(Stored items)
=== Begin Enclosure ===
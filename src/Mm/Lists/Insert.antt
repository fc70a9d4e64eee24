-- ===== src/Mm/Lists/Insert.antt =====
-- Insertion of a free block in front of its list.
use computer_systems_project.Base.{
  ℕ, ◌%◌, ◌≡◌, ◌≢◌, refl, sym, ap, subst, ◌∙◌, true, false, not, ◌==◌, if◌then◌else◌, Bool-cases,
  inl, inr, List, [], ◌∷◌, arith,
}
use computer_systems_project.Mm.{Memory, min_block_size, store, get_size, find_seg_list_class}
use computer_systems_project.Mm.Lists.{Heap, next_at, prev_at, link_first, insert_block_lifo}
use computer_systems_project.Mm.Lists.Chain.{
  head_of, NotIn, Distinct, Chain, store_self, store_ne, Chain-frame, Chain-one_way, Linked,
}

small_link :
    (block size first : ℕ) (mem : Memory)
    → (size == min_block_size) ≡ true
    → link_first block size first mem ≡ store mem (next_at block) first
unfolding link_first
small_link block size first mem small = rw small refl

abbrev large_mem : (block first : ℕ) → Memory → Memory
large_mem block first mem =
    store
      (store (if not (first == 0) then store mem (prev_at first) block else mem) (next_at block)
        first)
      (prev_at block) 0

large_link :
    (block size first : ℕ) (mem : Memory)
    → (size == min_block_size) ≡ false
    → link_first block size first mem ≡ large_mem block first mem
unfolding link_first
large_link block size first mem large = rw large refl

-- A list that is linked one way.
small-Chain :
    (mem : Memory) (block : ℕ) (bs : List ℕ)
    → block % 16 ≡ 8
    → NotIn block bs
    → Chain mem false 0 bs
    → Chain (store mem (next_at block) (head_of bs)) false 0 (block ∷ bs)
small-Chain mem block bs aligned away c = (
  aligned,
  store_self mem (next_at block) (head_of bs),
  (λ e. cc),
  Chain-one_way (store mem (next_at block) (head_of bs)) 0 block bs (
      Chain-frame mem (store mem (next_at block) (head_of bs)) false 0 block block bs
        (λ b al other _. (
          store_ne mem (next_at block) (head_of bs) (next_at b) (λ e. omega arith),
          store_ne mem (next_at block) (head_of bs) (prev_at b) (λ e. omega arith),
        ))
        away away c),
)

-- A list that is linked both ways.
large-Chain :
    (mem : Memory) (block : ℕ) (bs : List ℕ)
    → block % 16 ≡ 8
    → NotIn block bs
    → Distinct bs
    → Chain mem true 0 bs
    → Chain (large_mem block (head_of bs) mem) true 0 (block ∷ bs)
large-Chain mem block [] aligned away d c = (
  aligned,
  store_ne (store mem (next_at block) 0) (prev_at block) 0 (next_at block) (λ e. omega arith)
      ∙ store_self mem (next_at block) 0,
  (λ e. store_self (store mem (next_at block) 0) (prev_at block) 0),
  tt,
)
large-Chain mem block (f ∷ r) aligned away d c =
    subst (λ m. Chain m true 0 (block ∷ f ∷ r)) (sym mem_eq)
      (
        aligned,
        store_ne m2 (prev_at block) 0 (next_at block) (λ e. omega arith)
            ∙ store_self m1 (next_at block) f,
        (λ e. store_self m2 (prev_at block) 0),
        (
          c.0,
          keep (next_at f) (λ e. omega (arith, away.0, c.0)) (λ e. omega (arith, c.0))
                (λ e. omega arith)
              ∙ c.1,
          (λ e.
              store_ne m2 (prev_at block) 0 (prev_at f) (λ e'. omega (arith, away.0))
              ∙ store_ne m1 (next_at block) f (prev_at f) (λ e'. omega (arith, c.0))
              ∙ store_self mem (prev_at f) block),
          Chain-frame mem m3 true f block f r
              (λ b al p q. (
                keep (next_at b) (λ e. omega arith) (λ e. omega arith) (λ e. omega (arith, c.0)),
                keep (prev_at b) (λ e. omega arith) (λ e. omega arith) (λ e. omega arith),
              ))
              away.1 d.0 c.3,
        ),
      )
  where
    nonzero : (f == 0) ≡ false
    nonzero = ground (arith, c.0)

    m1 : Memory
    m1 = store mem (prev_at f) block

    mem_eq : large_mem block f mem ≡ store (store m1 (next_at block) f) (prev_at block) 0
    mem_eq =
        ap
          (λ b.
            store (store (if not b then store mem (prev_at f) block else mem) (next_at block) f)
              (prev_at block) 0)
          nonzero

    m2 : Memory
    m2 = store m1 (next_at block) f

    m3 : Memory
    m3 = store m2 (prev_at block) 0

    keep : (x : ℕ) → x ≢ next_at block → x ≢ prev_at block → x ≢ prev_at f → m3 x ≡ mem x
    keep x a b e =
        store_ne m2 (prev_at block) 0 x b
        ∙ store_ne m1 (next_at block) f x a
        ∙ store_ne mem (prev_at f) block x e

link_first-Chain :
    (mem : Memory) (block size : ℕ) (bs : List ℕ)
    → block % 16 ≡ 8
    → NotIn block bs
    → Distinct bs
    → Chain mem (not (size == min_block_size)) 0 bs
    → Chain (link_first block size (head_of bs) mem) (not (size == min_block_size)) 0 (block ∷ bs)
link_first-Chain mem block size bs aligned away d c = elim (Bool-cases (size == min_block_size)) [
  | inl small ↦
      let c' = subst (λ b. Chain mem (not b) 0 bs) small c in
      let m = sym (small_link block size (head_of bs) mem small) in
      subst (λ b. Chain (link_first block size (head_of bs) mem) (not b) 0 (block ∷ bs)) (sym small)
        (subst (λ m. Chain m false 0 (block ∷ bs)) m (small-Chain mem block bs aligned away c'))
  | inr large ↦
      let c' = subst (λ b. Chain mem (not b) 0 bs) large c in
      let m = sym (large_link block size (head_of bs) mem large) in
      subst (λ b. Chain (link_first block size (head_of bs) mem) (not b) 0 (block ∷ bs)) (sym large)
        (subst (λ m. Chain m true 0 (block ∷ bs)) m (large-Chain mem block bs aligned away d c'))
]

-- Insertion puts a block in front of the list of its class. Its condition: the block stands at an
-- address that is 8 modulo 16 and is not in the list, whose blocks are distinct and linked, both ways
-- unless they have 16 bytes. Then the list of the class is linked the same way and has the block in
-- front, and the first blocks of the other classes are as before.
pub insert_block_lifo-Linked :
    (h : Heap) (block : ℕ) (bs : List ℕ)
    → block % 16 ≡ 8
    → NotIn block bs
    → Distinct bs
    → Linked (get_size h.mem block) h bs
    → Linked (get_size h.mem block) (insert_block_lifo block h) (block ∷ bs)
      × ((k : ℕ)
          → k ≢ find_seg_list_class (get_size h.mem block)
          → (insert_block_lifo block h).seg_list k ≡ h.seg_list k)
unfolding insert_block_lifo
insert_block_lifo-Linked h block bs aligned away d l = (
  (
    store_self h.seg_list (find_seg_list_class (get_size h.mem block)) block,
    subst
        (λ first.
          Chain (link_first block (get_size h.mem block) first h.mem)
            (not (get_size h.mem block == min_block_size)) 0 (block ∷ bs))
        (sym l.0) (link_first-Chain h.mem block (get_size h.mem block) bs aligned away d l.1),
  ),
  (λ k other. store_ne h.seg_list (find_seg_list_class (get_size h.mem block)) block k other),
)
=== End Enclosure ===
=== Begin Enclosure ===
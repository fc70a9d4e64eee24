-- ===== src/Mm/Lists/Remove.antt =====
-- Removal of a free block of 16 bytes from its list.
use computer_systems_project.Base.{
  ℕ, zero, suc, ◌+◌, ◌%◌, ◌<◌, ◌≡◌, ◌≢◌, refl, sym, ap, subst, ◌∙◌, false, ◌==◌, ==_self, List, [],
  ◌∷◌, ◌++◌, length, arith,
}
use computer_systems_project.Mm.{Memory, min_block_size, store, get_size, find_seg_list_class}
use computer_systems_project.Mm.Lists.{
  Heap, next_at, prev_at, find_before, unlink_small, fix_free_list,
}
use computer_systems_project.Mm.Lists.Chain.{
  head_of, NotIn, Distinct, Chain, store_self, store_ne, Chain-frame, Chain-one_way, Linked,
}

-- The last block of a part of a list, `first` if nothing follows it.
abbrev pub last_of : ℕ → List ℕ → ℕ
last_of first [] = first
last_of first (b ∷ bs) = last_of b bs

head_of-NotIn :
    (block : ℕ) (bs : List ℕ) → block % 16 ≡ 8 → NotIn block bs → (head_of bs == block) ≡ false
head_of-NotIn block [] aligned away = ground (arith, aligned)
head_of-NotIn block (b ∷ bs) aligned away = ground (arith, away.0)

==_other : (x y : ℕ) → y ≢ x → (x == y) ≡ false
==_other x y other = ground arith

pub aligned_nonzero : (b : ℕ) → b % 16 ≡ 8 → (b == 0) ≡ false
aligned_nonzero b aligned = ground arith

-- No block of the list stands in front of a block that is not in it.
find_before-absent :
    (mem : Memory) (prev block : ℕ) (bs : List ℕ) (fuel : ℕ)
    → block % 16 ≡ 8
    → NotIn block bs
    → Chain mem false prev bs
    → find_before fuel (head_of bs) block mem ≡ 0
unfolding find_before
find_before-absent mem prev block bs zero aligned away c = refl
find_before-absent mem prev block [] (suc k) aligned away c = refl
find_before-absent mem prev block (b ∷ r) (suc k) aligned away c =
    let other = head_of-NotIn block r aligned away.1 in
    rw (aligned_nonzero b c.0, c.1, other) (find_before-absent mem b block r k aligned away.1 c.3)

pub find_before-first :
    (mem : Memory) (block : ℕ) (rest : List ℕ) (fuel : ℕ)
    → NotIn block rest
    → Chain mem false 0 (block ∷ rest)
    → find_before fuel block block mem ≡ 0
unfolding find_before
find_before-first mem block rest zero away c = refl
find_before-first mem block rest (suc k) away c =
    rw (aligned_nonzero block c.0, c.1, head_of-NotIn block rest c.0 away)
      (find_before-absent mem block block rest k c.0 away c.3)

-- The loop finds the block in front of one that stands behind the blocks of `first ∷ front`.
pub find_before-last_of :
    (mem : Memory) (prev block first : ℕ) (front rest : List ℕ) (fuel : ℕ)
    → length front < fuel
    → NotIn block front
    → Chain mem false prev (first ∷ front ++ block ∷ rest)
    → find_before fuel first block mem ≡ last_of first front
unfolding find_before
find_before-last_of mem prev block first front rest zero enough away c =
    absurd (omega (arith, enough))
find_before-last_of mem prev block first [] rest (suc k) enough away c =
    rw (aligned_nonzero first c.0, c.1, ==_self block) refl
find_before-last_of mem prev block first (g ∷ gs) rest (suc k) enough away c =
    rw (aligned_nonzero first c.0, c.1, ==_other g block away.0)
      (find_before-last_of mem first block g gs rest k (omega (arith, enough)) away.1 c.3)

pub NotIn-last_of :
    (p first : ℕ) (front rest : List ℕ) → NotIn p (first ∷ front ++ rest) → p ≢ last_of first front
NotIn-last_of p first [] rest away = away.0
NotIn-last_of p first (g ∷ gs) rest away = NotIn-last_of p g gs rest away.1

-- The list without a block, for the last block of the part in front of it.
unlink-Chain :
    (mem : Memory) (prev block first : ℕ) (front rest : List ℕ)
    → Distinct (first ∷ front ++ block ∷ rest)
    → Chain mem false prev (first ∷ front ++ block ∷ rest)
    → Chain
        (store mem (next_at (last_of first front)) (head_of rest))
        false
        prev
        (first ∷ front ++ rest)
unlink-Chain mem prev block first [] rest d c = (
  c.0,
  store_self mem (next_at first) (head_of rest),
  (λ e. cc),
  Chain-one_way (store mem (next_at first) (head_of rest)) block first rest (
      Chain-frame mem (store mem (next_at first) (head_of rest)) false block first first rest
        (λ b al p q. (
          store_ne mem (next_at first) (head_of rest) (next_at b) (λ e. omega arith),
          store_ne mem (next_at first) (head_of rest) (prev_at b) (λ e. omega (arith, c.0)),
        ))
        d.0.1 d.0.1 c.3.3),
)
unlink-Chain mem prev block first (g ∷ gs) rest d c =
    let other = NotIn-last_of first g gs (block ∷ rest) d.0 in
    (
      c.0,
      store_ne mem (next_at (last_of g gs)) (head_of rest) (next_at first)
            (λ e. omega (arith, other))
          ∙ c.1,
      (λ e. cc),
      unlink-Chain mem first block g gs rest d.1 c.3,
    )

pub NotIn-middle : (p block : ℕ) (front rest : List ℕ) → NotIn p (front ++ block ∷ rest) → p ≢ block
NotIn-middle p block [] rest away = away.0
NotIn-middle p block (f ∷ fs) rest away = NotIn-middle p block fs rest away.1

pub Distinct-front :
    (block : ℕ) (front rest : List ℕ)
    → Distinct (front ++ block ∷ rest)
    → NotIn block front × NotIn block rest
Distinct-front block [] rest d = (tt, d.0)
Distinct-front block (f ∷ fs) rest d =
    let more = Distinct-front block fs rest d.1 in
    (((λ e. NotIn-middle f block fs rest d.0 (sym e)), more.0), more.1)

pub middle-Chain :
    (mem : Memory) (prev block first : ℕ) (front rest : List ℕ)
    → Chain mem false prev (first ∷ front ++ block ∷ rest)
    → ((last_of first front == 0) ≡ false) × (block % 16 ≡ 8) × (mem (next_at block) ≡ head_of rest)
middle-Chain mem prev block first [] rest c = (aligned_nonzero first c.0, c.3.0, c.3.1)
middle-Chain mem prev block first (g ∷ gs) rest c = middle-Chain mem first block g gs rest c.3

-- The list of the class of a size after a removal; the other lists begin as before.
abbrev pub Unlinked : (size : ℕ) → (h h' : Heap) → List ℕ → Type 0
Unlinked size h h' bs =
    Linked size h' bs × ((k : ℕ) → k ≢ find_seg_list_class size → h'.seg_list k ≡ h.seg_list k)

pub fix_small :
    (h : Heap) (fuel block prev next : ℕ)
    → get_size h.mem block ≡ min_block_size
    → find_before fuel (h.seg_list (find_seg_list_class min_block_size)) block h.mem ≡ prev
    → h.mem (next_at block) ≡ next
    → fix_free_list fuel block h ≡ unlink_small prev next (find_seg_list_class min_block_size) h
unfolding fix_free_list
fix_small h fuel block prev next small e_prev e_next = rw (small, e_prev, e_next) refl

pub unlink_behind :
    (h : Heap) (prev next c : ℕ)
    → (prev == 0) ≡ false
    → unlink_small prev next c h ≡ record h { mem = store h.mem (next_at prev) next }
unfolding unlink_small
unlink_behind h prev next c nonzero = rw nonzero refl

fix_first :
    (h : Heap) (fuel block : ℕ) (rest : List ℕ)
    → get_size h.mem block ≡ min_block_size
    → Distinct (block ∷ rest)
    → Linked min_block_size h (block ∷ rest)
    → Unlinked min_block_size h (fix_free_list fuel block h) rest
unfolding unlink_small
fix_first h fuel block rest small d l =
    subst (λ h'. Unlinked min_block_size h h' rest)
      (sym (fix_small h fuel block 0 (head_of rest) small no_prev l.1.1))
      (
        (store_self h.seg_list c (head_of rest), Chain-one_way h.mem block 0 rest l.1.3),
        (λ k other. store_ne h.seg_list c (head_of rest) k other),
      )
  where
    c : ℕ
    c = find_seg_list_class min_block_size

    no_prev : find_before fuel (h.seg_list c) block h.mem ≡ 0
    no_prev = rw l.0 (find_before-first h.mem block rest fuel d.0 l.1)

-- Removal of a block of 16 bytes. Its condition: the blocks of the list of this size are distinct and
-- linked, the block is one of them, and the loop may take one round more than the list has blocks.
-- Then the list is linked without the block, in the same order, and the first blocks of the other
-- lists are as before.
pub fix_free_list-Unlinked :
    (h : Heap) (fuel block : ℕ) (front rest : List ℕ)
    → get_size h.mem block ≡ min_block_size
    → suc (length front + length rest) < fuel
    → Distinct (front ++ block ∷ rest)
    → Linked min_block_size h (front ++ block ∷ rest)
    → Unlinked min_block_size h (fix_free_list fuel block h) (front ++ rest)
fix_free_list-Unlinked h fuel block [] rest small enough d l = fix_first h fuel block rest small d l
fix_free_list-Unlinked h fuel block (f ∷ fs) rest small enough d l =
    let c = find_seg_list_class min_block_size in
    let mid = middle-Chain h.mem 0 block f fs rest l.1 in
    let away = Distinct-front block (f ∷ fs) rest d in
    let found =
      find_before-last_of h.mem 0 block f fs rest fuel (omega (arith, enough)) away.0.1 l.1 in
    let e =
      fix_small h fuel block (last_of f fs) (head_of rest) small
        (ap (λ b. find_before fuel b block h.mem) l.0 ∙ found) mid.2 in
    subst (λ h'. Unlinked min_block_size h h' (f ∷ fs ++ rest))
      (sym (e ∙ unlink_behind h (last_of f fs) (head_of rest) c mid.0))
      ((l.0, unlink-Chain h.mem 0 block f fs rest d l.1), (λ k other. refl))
=== End Enclosure ===
What you give back must be the stretch above, starting at the line with "h).seg_list k ≡ h.seg_list k)" and ending at the line with "Chain (link_first block (get_size", copied exactly.

          → (insert_block_lifo block h).seg_list k ≡ h.seg_list k)
unfolding insert_block_lifo
insert_block_lifo-Linked h block bs aligned away d l = (
  (
    store_self h.seg_list (find_seg_list_class (get_size h.mem block)) block,
    subst
        (λ first.
          Chain (link_first block (get_size h.mem block) first h.mem)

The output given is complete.